• _To do_:
Only the lines below starting at the one that contains "(event : Event V) (u : Uplink V) → (happen" and ending at the one that contains "(n : ℕ) (es : List" are to be reproduced, exactly and with both ends kept.

━━━━━━━━━━

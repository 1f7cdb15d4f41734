-- ===== src/Cloud/Kept.antt =====
-- No reading is lost between src/storage/database.py and src/cloud/client.py.
use wqm.Prelude.{
  ℕ, ◌≡◌, ◌⊎◌, inl, inr, refl, ◌∙◌, Bool, not, Option, true, false, ◌==◌, ◌&&◌, none, some, List,
  [], ◌∷◌, ◌++◌, arith, contains, length, Bool-cases, leb, ltb,
}
use wqm.Storage.{
  Row, Database, ids, insert_reading, mark_synced, mark_failed_permanent, bump_sync_attempts,
  rotate, rotate_resolved, rotate_waiting,
}
use wqm.Storage.Sound.{
  IsSound, insert_reading-IsSound, mark_synced-IsSound, mark_failed-IsSound, bump-IsSound,
  rotate-IsSound,
}
use wqm.Storage.Pending.{
  has_pending, has_pending-append, has_pending-mark, has_pending-bump, rotate-keeps,
}
use wqm.Cloud.Sync.{
  Reply, declined, accepted, stored_ids, failed_ids, settle, Event, inserts, rotates, sends, hears,
  Uplink, happen, happen_all, Entry, row_at, id_if, is_of, speaks_of, some_speaks_of, decides,
  decided_in, decided_by,
}

module _ {ℓ} {V : Type ℓ} where
  settle-IsSound :
      (reply : Reply) (rows : List (Row V)) (db : Database V)
      → IsSound db
      → IsSound (settle reply rows db).1
  unfolding settle
  settle-IsSound declined rows db s = bump-IsSound (ids rows) db s
  settle-IsSound (accepted none) rows db s = mark_synced-IsSound (ids rows) db s
  settle-IsSound (accepted (some es)) rows db s =
      mark_failed-IsSound (failed_ids es rows) (mark_synced (stored_ids es rows) db)
        (mark_synced-IsSound (stored_ids es rows) db s)

  happen-IsSound : (event : Event V) (u : Uplink V) → IsSound u.db → IsSound (happen event u).db
  unfolding happen
  happen-IsSound (inserts timestamp reading) u s = insert_reading-IsSound timestamp reading u.db s
  happen-IsSound (rotates max_rows) u s = rotate-IsSound max_rows u.db s
  happen-IsSound (sends batch_size) u s = s
  happen-IsSound (hears reply) u s = settle-IsSound reply u.batch u.db s

  -- The flags agree with the states and the ids stay apart, whatever the threads do with the buffer.
  pub happen_all-IsSound :
      (events : List (Event V)) (u : Uplink V) → IsSound u.db → IsSound (happen_all events u).db
  unfolding happen_all
  happen_all-IsSound [] u s = s
  happen_all-IsSound (event ∷ events) u s =
      happen_all-IsSound events (happen event u) (happen-IsSound event u s)

  rotates-on :
      (max_rows : ℕ) (db : Database V) → (rotate max_rows db).1.rotate_pending ≡ db.rotate_pending
  unfolding rotate rotate_waiting rotate_resolved
  rotates-on max_rows db = elim (Bool-cases (leb (length db.rows) max_rows)) [
    | inl e ↦ rw e refl
    | inr e ↦
        rw e
          (elim (Bool-cases
            (db.rotate_pending && ltb max_rows (length (rotate_resolved max_rows db).rows))) [
              | inl f ↦ rw f refl
              | inr f ↦ rw f refl
            ])
  ]

  happen-on :
      (event : Event V) (u : Uplink V) → (happen event u).db.rotate_pending ≡ u.db.rotate_pending
  unfolding happen settle insert_reading bump_sync_attempts mark_synced mark_failed_permanent
  happen-on (inserts timestamp reading) u = refl
  happen-on (rotates max_rows) u = rotates-on max_rows u.db
  happen-on (sends batch_size) u = refl
  happen-on (hears declined) u = refl
  happen-on (hears (accepted none)) u = refl
  happen-on (hears (accepted (some es))) u = refl

  unnamed :
      (n : ℕ) (b : Bool) (o : Option (Row V)) (ns : List ℕ)
      → (b ≡ true → is_of n o ≡ false)
      → contains n ns ≡ false
      → contains n (id_if b o ++ ns) ≡ false
  unfolding contains
  unnamed n b none ns other h = h
  unnamed n false (some r) ns other h = h
  unnamed n true (some r) ns other h =
      let e : (r.id == n) ≡ false = other refl in ground (arith, e, h)

  unspoken :
      (n : ℕ) (es : List Entry) (rows : List (Row V))
      → some_speaks_of n rows es ≡ false
      → (contains n (stored_ids es rows) ≡ false) × (contains n (failed_ids es rows) ≡ false)
  unfolding some_speaks_of stored_ids failed_ids contains
  unspoken n [] rows free = (refl, refl)
  unspoken n (e ∷ es) rows free =
      let later = unspoken n es rows (ground (arith, free)) in
      let here : speaks_of n rows e ≡ false = ground (arith, free) in
      (
        unnamed n e.is_stored (row_at e.index rows) (stored_ids es rows)
            (λ h. ground (arith, here, h)) later.0,
        unnamed n (not e.is_stored && e.has_error) (row_at e.index rows) (failed_ids es rows)
            (λ h. ground (arith, here, h)) later.1,
      )

  settle-keeps :
      (n : ℕ) (reply : Reply) (rows : List (Row V)) (db : Database V)
      → decides n reply rows ≡ false
      → has_pending n db.rows ≡ true
      → has_pending n (settle reply rows db).1.rows ≡ true
  unfolding settle decides bump_sync_attempts mark_synced mark_failed_permanent
  settle-keeps n declined rows db free h = has_pending-bump n (ids rows) db.rows ∙ h
  settle-keeps n (accepted none) rows db free h = has_pending-mark n _ (ids rows) db.rows free ∙ h
  settle-keeps n (accepted (some es)) rows db free h =
      let (stored, failed) = unspoken n es rows free in
      has_pending-mark n _ (failed_ids es rows) _ failed
      ∙ (has_pending-mark n _ (stored_ids es rows) db.rows stored ∙ h)

  happen-keeps :
      (n : ℕ) (event : Event V) (u : Uplink V)
      → IsSound u.db
      → u.db.rotate_pending ≡ false
      → decided_in n event u ≡ false
      → has_pending n u.db.rows ≡ true
      → has_pending n (happen event u).db.rows ≡ true
  unfolding happen decided_in insert_reading
  happen-keeps n (inserts timestamp reading) u s on free h =
      has_pending-append n u.db.rows _ ∙ ground (arith, h)
  happen-keeps n (rotates max_rows) u s on free h = rotate-keeps n max_rows u.db s on h
  happen-keeps n (sends batch_size) u s on free h = h
  happen-keeps n (hears reply) u s on free h = settle-keeps n reply u.batch u.db free h

  -- While the cloud is on, a reading that waits keeps waiting, through insertions, rotations and uploads
  -- in any order, until an answer of the server decides on it: an entry of the results at the place of
  -- its row in the batch says that it is stored or has an error, or the whole batch, in which it is, is
  -- accepted with no results for the rows.
  pub no_reading_lost :
      (events : List (Event V)) (u : Uplink V) (n : ℕ)
      → IsSound u.db
      → u.db.rotate_pending ≡ false
      → has_pending n u.db.rows ≡ true
      → (has_pending n (happen_all events u).db.rows ≡ true) ⊎ (decided_by n events u ≡ true)
  unfolding happen_all decided_by
  no_reading_lost [] u n s on h = inl h
  no_reading_lost (event ∷ events) u n s on h = elim (Bool-cases (decided_in n event u)) [
    | inl e ↦ inr (rw e refl)
    | inr e ↦
        elim (no_reading_lost events (happen event u) n (happen-IsSound event u s)
          (happen-on event u ∙ on) (happen-keeps n event u s on e h)) [
            | inl kept ↦ inl kept
            | inr d ↦ inr (rw (e, d) refl)
          ]
  ]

━━━━━━━━━━

• _Result of the task_:
      (event : Event V) (u : Uplink V) → (happen event u).db.rotate_pending ≡ u.db.rotate_pending
  unfolding happen settle insert_reading bump_sync_attempts mark_synced mark_failed_permanent
  happen-on (inserts timestamp reading) u = refl
  happen-on (rotates max_rows) u = rotates-on max_rows u.db
  happen-on (sends batch_size) u = refl
  happen-on (hears declined) u = refl
  happen-on (hears (accepted none)) u = refl
  happen-on (hears (accepted (some es))) u = refl

  unnamed :
      (n : ℕ) (b : Bool) (o : Option (Row V)) (ns : List ℕ)
      → (b ≡ true → is_of n o ≡ false)
      → contains n ns ≡ false
      → contains n (id_if b o ++ ns) ≡ false
  unfolding contains
  unnamed n b none ns other h = h
  unnamed n false (some r) ns other h = h
  unnamed n true (some r) ns other h =
      let e : (r.id == n) ≡ false = other refl in ground (arith, e, h)

  unspoken :
      (n : ℕ) (es : List Entry) (rows : List (Row V))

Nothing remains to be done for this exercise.